### TASK DETAILS
Give the number of lines in the data below where the word "panicked" appears, and nothing besides.

### LISTED ENTRIES

-- ===== src/Exec.antt =====
-- Methods that read and write state and may fail. What was written before a failure stays written,
-- so the state comes back beside the failure too.
use pg_analytics.Prelude.{◌≡◌, refl, arith, ◌⊎◌, inl, inr}
use pg_analytics.Text.{Text}
use pg_analytics.Result.{Failure, Result, ok, err, error, panic}

abbrev pub Exec : Type 0 → Type 0 → Type 0
Exec S A = S → Result A × S

module _ {S A : Type 0} where
  abbrev pub pure : A → Exec S A
  pure a s = (ok a, s)

  abbrev pub fail : Failure → Exec S A
  fail e s = (err e, s)

  -- A read of the state.
  abbrev pub gets : (S → A) → Exec S A
  gets f s = (ok (f s), s)

  -- A result that was computed without the state.
  abbrev pub lift : Result A → Exec S A
  lift r s = (r, s)

abbrev pub modify : {S : Type 0} → (S → S) → Exec S Unit
modify f s = (ok tt, f s)

module _ {S A B : Type 0} where
  abbrev go_on : (A → Exec S B) → Result A → Exec S B
  go_on next (err failure) s = (err failure, s)
  go_on next (ok value) s = next value s

  infixl 5 ◌>>=◌ ◌>>◌
  abbrev pub ◌>>=◌ : Exec S A → (A → Exec S B) → Exec S B
  ◌>>=◌ m f s = let (r, s') = m s in go_on f r s'

  abbrev pub ◌>>◌ : Exec S A → Exec S B → Exec S B
  m >> n = m >>= λ _. n

  abbrev handled : Result A → (Failure → Exec S B) → (A → Exec S B) → Exec S B
  handled (ok a) on_err on_ok s = on_ok a s
  handled (err (error message)) on_err on_ok s = on_err (error message) s
  handled (err (panic message)) on_err on_ok s = (err (panic message), s)

  -- `match m { Err(e) => …, Ok(a) => … }`; a panic leaves the `match` too.
  abbrev pub match_result : Exec S A → (Failure → Exec S B) → (A → Exec S B) → Exec S B
  match_result m on_err on_ok s = let (r, s') = m s in handled r on_err on_ok s'

-- The panic that a failure becomes; the message of a panic is final.
abbrev pub panicked : (Text → Text) → Failure → Failure
panicked message (error m) = panic (message m)
panicked message (panic m) = panic m

module _ {S A : Type 0} where
  -- `unwrap_or_else(|e| panic!(…))`, with the message of the panic.
  abbrev pub or_panic_with : (Text → Text) → Exec S A → Exec S A
  or_panic_with message m = match_result m (λ failure. fail (panicked message failure)) pure

  -- `unwrap_or_else(|e| panic!("{}", e))`
  abbrev pub or_panic : Exec S A → Exec S A
  or_panic = or_panic_with (λ message. message)

-- An action on a part of the state.
abbrev pub zoom : {S T A : Type 0} → (S → T) → (T → S → S) → Exec T A → Exec S A
zoom view put m s = let (r, t) = m (view s) in (r, put t s)

module _ {S A B : Type 0} where
  go_on-eq-ok :
      (r : Result A) (t : S) (f : A → Exec S B) {b : B} {s' : S}
      → go_on f r t ≡ (ok b, s')
      → (a : A) × (r ≡ ok a) × (f a t ≡ (ok b, s'))
  go_on-eq-ok (ok a) t f h = (a, refl, h)
  go_on-eq-ok (err e) t f h = ground arith

  -- Inversion of a sequence that succeeds.
  pub bind-eq-ok :
      (m : Exec S A) (f : A → Exec S B) (s : S) {b : B} {s' : S}
      → (m >>= f) s ≡ (ok b, s')
      → (a : A) × (t : S) × (m s ≡ (ok a, t)) × (f a t ≡ (ok b, s'))
  bind-eq-ok m f s h =
      let (a, e, k) = go_on-eq-ok (m s).0 (m s).1 f h in (a, (m s).1, ground (arith, e), k)

  handled-eq-ok :
      (r : Result A) (t : S) (on_err : Failure → Exec S B) (on_ok : A → Exec S B) {b : B} {s' : S}
      → handled r on_err on_ok t ≡ (ok b, s')
      → ((f : Failure) × (r ≡ err f) × (on_err f t ≡ (ok b, s')))
        ⊎ ((a : A) × (r ≡ ok a) × (on_ok a t ≡ (ok b, s')))
  handled-eq-ok (ok a) t on_err on_ok h = inr (a, refl, h)
  handled-eq-ok (err (error message)) t on_err on_ok h = inl (error message, refl, h)
  handled-eq-ok (err (panic message)) t on_err on_ok h = cc

  -- A `match` on a result that ends well went one of its two ways.
  pub match_result-eq-ok :
      (m : Exec S A) (on_err : Failure → Exec S B) (on_ok : A → Exec S B) (s : S) {b : B} {s' : S}
      → match_result m on_err on_ok s ≡ (ok b, s')
      → ((f : Failure) × (t : S) × (m s ≡ (err f, t)) × (on_err f t ≡ (ok b, s')))
        ⊎ ((a : A) × (t : S) × (m s ≡ (ok a, t)) × (on_ok a t ≡ (ok b, s')))
  match_result-eq-ok m on_err on_ok s h = elim (handled-eq-ok (m s).0 (m s).1 on_err on_ok h) [
    | inl (f, e, k) ↦ inl (f, (m s).1, ground (arith, e), k)
    | inr (a, e, k) ↦ inr (a, (m s).1, ground (arith, e), k)
  ]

### RESULT OF THIS EXERCISE
4